A radically different approach I could take would be to take my DB out of the production frontend line of fire and use DynamoDB data to build CSV / SQL data exports in S3 asynchronously. I would abandon the complicated JSON API “single page app” and build an app to just let users download their CSV / SQL. Users could then use CSV / SQL explorers to do what they want with their data. This is the most likely infrastructural thing I will pursue since it seems like a great way to make this accessible to more people at a low cost. I could keep the JSON API & Vue UI up for a restricted set of users. I like this because it gives folks the important data they want and the system requires less ongoing maintenance from me. I don’t intend to devote more time to this project moving forward outside of visualizations & data insights, so this could be a nice hands-off approach to keep things going.
I wanted static configuration to manage my infrastructure. Declarative infrastructure means that in a few months / years if I revisit this project, I don’t have to remember which sequence of actions I took in the AWS Console to build my house of cards. I’ve used AWS’s CloudFormation before, but wanted to give Terraform a try for this project. I’m a fan!

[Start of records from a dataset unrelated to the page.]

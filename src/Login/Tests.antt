-- ===== src/Login/Tests.antt =====
-- A greeter that shows a message between the signal and the prompt, and one that got another token.
use ovirt_guest_agent.Prelude.{
  ◌≡◌, refl, inr, none, some, [], ◌∷◌, arith, true, Option, Bytes, codes, length,
}
use ovirt_guest_agent.PamOvirtCred.CredChannel.{ok, Sys, ret}
use ovirt_guest_agent.PamOvirtCred.CredChannel.Parse.{pack}
use ovirt_guest_agent.PamOvirtCred.CredChannel.Examples.{
  username, password, ticket, host, stack, username-NonZero, password-NonZero,
}
use ovirt_guest_agent.PamOvirtCred.CredChannel.Acquire.{retry_ret, set_sock_non_blocking_lem}
use ovirt_guest_agent.PamOvirtCred.Authenticate.{
  Pam, Handle, pam_success, pam_other, pam_user_unknown, free_token, pam_sm_authenticate,
}
use ovirt_guest_agent.GuestAgent.CredServer.{Ucred, Server, run, user_authenticated}
use ovirt_guest_agent.GuestAgent.CredServer.Serving.{process, replies}
use ovirt_guest_agent.Gdm2Plugin.Extension.{Extension, init}
use ovirt_guest_agent.Login.Greeter.{Greeter, asked}
use ovirt_guest_agent.Login.Greeters.{shows, gdm2}
use ovirt_guest_agent.Login.Served.{Linked, accepted, token_logs_in, stranger_refused}

abbrev root : Ucred
root = record { pid = 77; uid = 0; gid = 0 }

abbrev greeter : Greeter
greeter = gdm2 true

abbrev extension : Extension
extension = init 1 (some (2, 3)) 4

-- The socket of a process that sends `sent` to a channel that waits for the ticket.
abbrev socket_to : Bytes → Sys
socket_to sent = record {
  socket = ret 3;
  connect = λ address. ret tt;
  getfl = ret 2;
  setfl = λ flags. ret tt;
  sends = λ t. ret (length t) ∷ [];
  selects = ret (1, true) ∷ [];
  recvs = replies (run (0 ∷ []) (ticket, pack username password) (process root sent));
}

abbrev linked :
    (sent : Bytes) → Linked (0 ∷ []) (ticket, pack username password) root sent (socket_to sent)
linked sent = record {
  fd = 3;
  flags = 2;
  ready = 0;
  socket_ok = refl;
  connect_ok = refl;
  nonblock_ok = set_sock_non_blocking_lem (socket_to sent) 2 refl (λ f. refl);
  send_ok = refl;
  select_ok = retry_ret (1, true) [];
  recv_ok = refl;
}

abbrev told : Option Bytes → Pam
told answer = record {
  prompt = (pam_success, answer);
  get_user = (pam_other 8, none);
  set_item = λ item value. pam_success;
}

abbrev blank : Handle
blank = record { user = none; authtok = none }

abbrev server : Server
server = record { cred_channel = none; announced = []; sent = [] }

token_logs_in_example :
    (user_authenticated (λ name. none) server ticket (pack username password) (process root ticket)
      ≡ ok (record {
        cred_channel = none;
        announced = ticket ∷ [];
        sent = pack username password ∷ [];
      }))
    × (pam_sm_authenticate
          (told (greeter.answered (asked greeter extension ticket (shows (codes "Wait") 5 ∷ []))))
          (socket_to ticket)
          host
          stack
          blank
        ≡ ok (accepted host ticket username password))
token_logs_in_example =
    token_logs_in greeter extension (shows (codes "Wait") 5 ∷ [])
      (told (greeter.answered (asked greeter extension ticket (shows (codes "Wait") 5 ∷ []))))
      (socket_to ticket) host stack blank root ticket username password (λ name. none) server refl
      (linked ticket) refl (λ e. ground (arith, e)) (omega arith) tt (tt, tt) refl username-NonZero
      password-NonZero (omega arith) refl refl refl refl refl refl

stranger_refused_example :
    pam_sm_authenticate (told (some (codes "43"))) (socket_to (codes "43")) host stack blank
    ≡ ok (record {
      retval = pam_user_unknown;
      handle = blank;
      cleanup = free_token (codes "43") ∷ [];
    })
stranger_refused_example =
    stranger_refused (told (some (codes "43"))) (socket_to (codes "43")) host stack blank root
      ticket (pack username password) (codes "43") (linked (codes "43")) (λ e. ground (arith, e))
      (inr refl) refl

I’ve built the scaffolding and have API Gateway / Lambda / Custom Domain infrastructure set up. I also have a code build / deployment flow set up. I store build artifacts in S3 and deploy them with Terraform. Here’s a working Terraform-managed endpoint: https://api.suczewski.com/v0/hello-world. Working on getting the rest of the content in this article into Terraform too.
I’ve been running this system for 6 months and it has been fun! The next frontiers for continued development are:
- insights: learn! build more sophisticated data exploration / querying / export tools. Now is the fun part - what can we discover?
- visualization: build cool visualizations around all the data I’m tracking - song, artist, & album listening history. Infinite possibilities. A few in mind!
- open source: clean the code up & open source it
- scale: consider super-scalable solution. Do not hit DynamoDB from frontend. Only support S3 data exports.
- scale: scale the system so that it can support O(1000) users 1) with infrastructure costs at ~$10 / month and 2) without Spotify throttling me
- bugs: fix empty thumbnail images, occasionally empty rows
In all likelihood, I will move on to other projects and just do the first two at some point later - ad-hoc querying & visualization as data continues to flow in. The insights, visualizations, and good memories are why I started the project so I will likely spend more time on that, the fun part! Article with cool visualizations and findings at some point. I may also pursue the super-scalable, S3-only solution.